Kuala Lumpur - The Prime Minister today revealed the next phase of his pet project 1Malaysia. "Malaysians are finding it difficult to understand what 1Malaysia really means, how they can relate to it, and more importantly how my government can implement policies that will reflect 1Malaysia. But all this is certainly not easy if no one except me can understand it. My wife doesn't understand it, the boys in my department don't, and more importantly Dr. Mahathir himself doesn't understand it."

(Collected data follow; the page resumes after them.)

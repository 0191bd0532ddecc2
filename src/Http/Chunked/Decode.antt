-- ===== src/Http/Chunked/Decode.antt =====
-- The decoding of a chunked body in src/http.rs, against the format of RFC 2616.
use amt_uefi_boot_app.Http.Chunked.Format.{Chunk}
use amt_uefi_boot_app.Outcome.{ok, Outcome}
use amt_uefi_boot_app.Prelude.{List, ◌≡◌, ℕ, length, ◌∷◌, ◌++◌, [], take}
use amt_uefi_boot_app.Http.Message.{HttpResponse}

-- What the loop leaves of a response: a text at the start of the body, of which it tells the length.
abbrev Decoded : List ℕ → HttpResponse → Outcome ℕ × HttpResponse → Type 0
Decoded text r out =
    (body : List ℕ) × (length body ≡ 4096)
    × (take (length text) body ≡ text)
    × (out ≡ (ok (length text), record r { body = body }))

abbrev through_chunk : List ℕ → Chunk → List ℕ
through_chunk head c = head ++ (c.size_text ++ (13 ∷ (10 ∷ (c.bytes ++ (13 ∷ (10 ∷ []))))))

"But now I have decided to solve this problem once and for all. Yes, we are taking 1Malaysia to a whole new level altogether, like no other in the world. We are going to genetically engineer each and every citizen in this country to become, well, 100% Malaysian. Then there will be no such thing as race in this country, just Malaysians," Najib explained.

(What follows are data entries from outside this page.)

-- ===== src/ConfGen/Service/Routed.antt =====
-- otel_conf_gen.go: the tables of the routing connectors name only pipelines that are there.
use telemetry_controller.Prelude.{
  String, ◌≡◌, refl, sym, subst, inl, inr, Option, some, List, [], ◌∷◌, All, All-In, All-insert, In,
  IsKey, lookup-In, map-IsKey, string_eq, ◌⧺◌,
}
use telemetry_controller.Api.{
  NamespacedName, name_instance, Output, Subscription, subscription_name, Tenant, Bridge,
}
use telemetry_controller.Components.{find_outputs_for_subscription}
use telemetry_controller.Pipelines.{Pipeline}
use telemetry_controller.Connectors.{
  generate_routing_connector_for_bridge, subscription_pipeline, output_pipeline,
}
use telemetry_controller.Connectors.Routed.{Routes, tenant-Routes, subscription-Routes}
use telemetry_controller.ConfGen.{OtelColConfigInput}
use telemetry_controller.ConfGen.Service.{
  Connectors, names_of_tenant, find_output, tenant_connector, tenant_connectors,
  subscription_connector, subscription_connectors, bridge_connectors, generate_routing_connectors,
  generate_named_pipelines, assemble_pipelines,
}
use telemetry_controller.ConfGen.Service.Keys.{names_of_tenant-In, named-EntersAll}
use telemetry_controller.ConfGen.Service.Limiter.{with_limiter, assemble_pipelines-map}

-- The relations hold what they list: a subscription is kept under its own name, and a tenant lists
-- it; the outputs of a subscription are there; a bridge ends at a tenant that is in the map.
pub record IsServed (i : OtelColConfigInput) : Type 0 where
  pub named : All (λ e. subscription_name e.1 ≡ e.0) i.relations.subscriptions
  pub owned :
      All (λ e. (tenant : String) × In e.0 (names_of_tenant i tenant)) i.relations.subscriptions
  pub outputs :
      (s n : NamespacedName)
      → In n (find_outputs_for_subscription i.relations s)
      → (o : Output) × (find_output n i.relations.outputs_with_secret_data ≡ some o)
  pub bridges :
      All (λ b. IsKey b.spec.target_tenant i.relations.tenant_subscription_map) i.relations.bridges

module _ (i : OtelColConfigInput) (good : IsServed i) where
  abbrev pub Exists : String → Type 0
  Exists k = IsKey k (assemble_pipelines i)

  -- The memory limiter leaves the names of the pipelines.
  limited-IsKey : (k : String) → IsKey k (generate_named_pipelines i) → Exists k
  unfolding with_limiter
  limited-IsKey k h = subst (IsKey k) (sym (assemble_pipelines-map i)) (
      map-IsKey {V = Pipeline} (λ q. record q { processors = "memory_limiter" ∷ q.processors }) k
        (generate_named_pipelines i) h)

  abbrev pub AllRoute : Connectors → Type 0
  AllRoute m = All (λ e. Routes Exists e.1) m

  -- A subscription that a tenant lists has its pipelines.
  own-Exists :
      (tenant : String) (s : NamespacedName)
      → In s (names_of_tenant i tenant)
      → Exists (subscription_pipeline tenant s)
  own-Exists tenant s at =
      let (subs, here, inside) = names_of_tenant-In i tenant s at in
      let entered = (named-EntersAll i tenant subs here).each s at in limited-IsKey _ entered.own

  root-Exists :
      (tenant : String) (subs : Option (List NamespacedName))
      → In (tenant, subs) i.relations.tenant_subscription_map
      → Exists ("logs/tenant_" ⧺ tenant)
  root-Exists tenant subs at =
      let entered = named-EntersAll i tenant subs at in limited-IsKey _ entered.root

  output-Exists :
      (n : NamespacedName) (s : Subscription) (o : NamespacedName)
      → In (n, s) i.relations.subscriptions
      → In o (find_outputs_for_subscription i.relations (subscription_name s))
      → Exists (output_pipeline (subscription_name s) o)
  output-Exists n s o at out =
      let (tenant, lists) = All-In _ _ (n, s) good.owned at in
      let (subs, here, inside) = names_of_tenant-In i tenant n lists in
      let (x, found) = good.outputs (subscription_name s) o out in
      let same =
        All-In (λ e. subscription_name e.1 ≡ e.0) i.relations.subscriptions (n, s) good.named at in
      let entered =
        (named-EntersAll i tenant subs here).each (subscription_name s)
          (subst (λ y. In y (names_of_tenant i tenant)) (sym same) lists) in
      limited-IsKey _ (entered.outputs o x out found)

  tenant_connectors-AllRoute :
      (ts : List Tenant) (m : Connectors) → AllRoute m → AllRoute (tenant_connectors i ts m)
  unfolding tenant_connectors tenant_connector
  tenant_connectors-AllRoute [] m h = h
  tenant_connectors-AllRoute (t ∷ ts) m h =
      tenant_connectors-AllRoute ts _ (added (names_of_tenant i t.name) (λ n at. at))
    where
      added :
          (ns : List NamespacedName)
          → ((n : NamespacedName) → In n ns → In n (names_of_tenant i t.name))
          → AllRoute (tenant_connector i t ns m)
      added [] inside = h
      added (k ∷ ns) inside =
          All-insert (λ e. Routes Exists e.1) _ _ m
            (tenant-Routes Exists t.name i.relations.subscriptions t.spec.route_config (k ∷ ns)
              (λ n at s found.
                subst (λ x. Exists (subscription_pipeline t.name x))
                  (sym (
                    All-In (λ e. subscription_name e.1 ≡ e.0) i.relations.subscriptions (n, s)
                      good.named (lookup-In n s i.relations.subscriptions found)))
                  (own-Exists t.name n (inside n at))))
            h

  subscription_connectors-AllRoute :
      (ss : List (NamespacedName × Subscription)) (m : Connectors)
      → ((n : NamespacedName) (s : Subscription)
          → In (n, s) ss
          → In (n, s) i.relations.subscriptions)
      → AllRoute m
      → AllRoute (subscription_connectors i ss m)
  unfolding subscription_connectors subscription_connector
  subscription_connectors-AllRoute [] m inside h = h
  subscription_connectors-AllRoute ((n, s) ∷ ss) m inside h =
      subscription_connectors-AllRoute ss _ (λ k u at. inside k u (inr at))
        (added (find_outputs_for_subscription i.relations (subscription_name s)) (λ o at. at))
    where
      added :
          (os : List NamespacedName)
          → ((o : NamespacedName)
              → In o os
              → In o (find_outputs_for_subscription i.relations (subscription_name s)))
          → AllRoute (subscription_connector s os m)
      added [] listed = h
      added (o ∷ os) listed =
          All-insert (λ e. Routes Exists e.1) _ _ m
            (subscription-Routes Exists (subscription_name s) (o ∷ os)
              (λ k at. output-Exists n s k (inside n s (inl refl)) (listed k at)))
            h

  bridge_connectors-AllRoute :
      (bs : List Bridge) (m : Connectors)
      → All (λ b. IsKey b.spec.target_tenant i.relations.tenant_subscription_map) bs
      → AllRoute m
      → AllRoute (bridge_connectors bs m)
  unfolding bridge_connectors generate_routing_connector_for_bridge
  bridge_connectors-AllRoute [] m ends h = h
  bridge_connectors-AllRoute (b ∷ bs) m ((subs, found), ends) h =
      bridge_connectors-AllRoute bs _ ends (
        All-insert (λ e. Routes Exists e.1) _ _ m
          (
            (
              root-Exists b.spec.target_tenant subs
                  (lookup-In b.spec.target_tenant subs i.relations.tenant_subscription_map found),
              tt,
            ),
            tt,
          )
          h)

  pub routing-AllRoute : AllRoute (generate_routing_connectors i)
  unfolding generate_routing_connectors
  routing-AllRoute = bridge_connectors-AllRoute i.relations.bridges _ good.bridges (
      subscription_connectors-AllRoute i.relations.subscriptions _ (λ n s at. at)
        (tenant_connectors-AllRoute i.relations.tenants [] tt))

Najib: Extremely serious about 1Malaysia
The Prime Minister explained that the need to carry out genetic engineering arises because "race" is not a mental figment. "Its not like you can tell yourself you're not a Malay, Chinese or Indian 100 times and poof - you're void of your race. No, race doesn't work that way. Your race is embedded in your genes. And we are going to change just that. Darwin will be stirring in his grave - we are directly opposing his law of natural selection and replacing it with assimilation."

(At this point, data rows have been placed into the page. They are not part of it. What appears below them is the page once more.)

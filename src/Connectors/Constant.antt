-- ===== src/Connectors/Constant.antt =====
-- connector/count_connector.go and connector/bytes_connector.go: the connectors that count logs and
-- bytes, with the structs as the maps that their json tags make.
use telemetry_controller.Prelude.{String, List, [], ◌∷◌, map}
use telemetry_controller.Values.{Value, text, Config, config, list}

attribute : String → Value
attribute key = config (("key", text key) ∷ [])

attributes : List String → Value
attributes keys = list (map attribute keys)

-- A connector of one metric of the logs.
metric : String → String → List String → Value
metric name description keys = config (
    (
      "logs",
      config (
          (name, config (("description", text description) ∷ ("attributes", attributes keys) ∷ []))
          ∷ []),
    )
    ∷ [])

abbrev pod_keys : List String
pod_keys =
    "k8s.namespace.name" ∷ "k8s.node.name" ∷ "k8s.container.name" ∷ "k8s.pod.name"
    ∷ "k8s.pod.labels.app.kubernetes.io/name" ∷ "k8s.pod.labels.app" ∷ []

unfoldable pub generate_count_connectors : Config
unfolding metric attributes attribute
generate_count_connectors =
    (
      "count/tenant_metrics",
      metric "telemetry_controller_tenant_log_count" "The number of logs from each tenant pipeline."
          ("tenant" ∷ pod_keys),
    )
    ∷ (
      "count/output_metrics",
      metric "telemetry_controller_output_log_count"
          "The number of logs sent out from each exporter."
          ("tenant" ∷ "subscription" ∷ "exporter" ∷ pod_keys),
    )
    ∷ []

unfoldable pub generate_bytes_connectors : Config
unfolding metric attributes attribute
generate_bytes_connectors =
    (
      "bytes/exporter",
      metric "otelcol_exporter_sent_log_records_bytes"
          "Bytes of log records successfully sent to destination" ("exporter" ∷ []),
    )
    ∷ []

When quizzed how the Prime Minister chanced upon the out-of-the-world idea, he explained, "It all started when the world was getting infected with swine flu. Apparently there are strong evidence to suggest that the H1N1 virus which was responsible for the world-wide pandemic, is actually man-made. This virus is actually a mesh of four viruses: North American swine flu, North American avian flu, human flu and a swine flu strain found in Asia and Europe. Now that got me thinking - if we can somehow mash the genes which are responsible for ethnicity from a Malay, Chinese, Indian, Kadazan, Iban, Orang Asli, other indigenous people, and lets just throw in an Indonesian and a Vietnamese for the heck of it, we would be able to create a truly 1Malaysia."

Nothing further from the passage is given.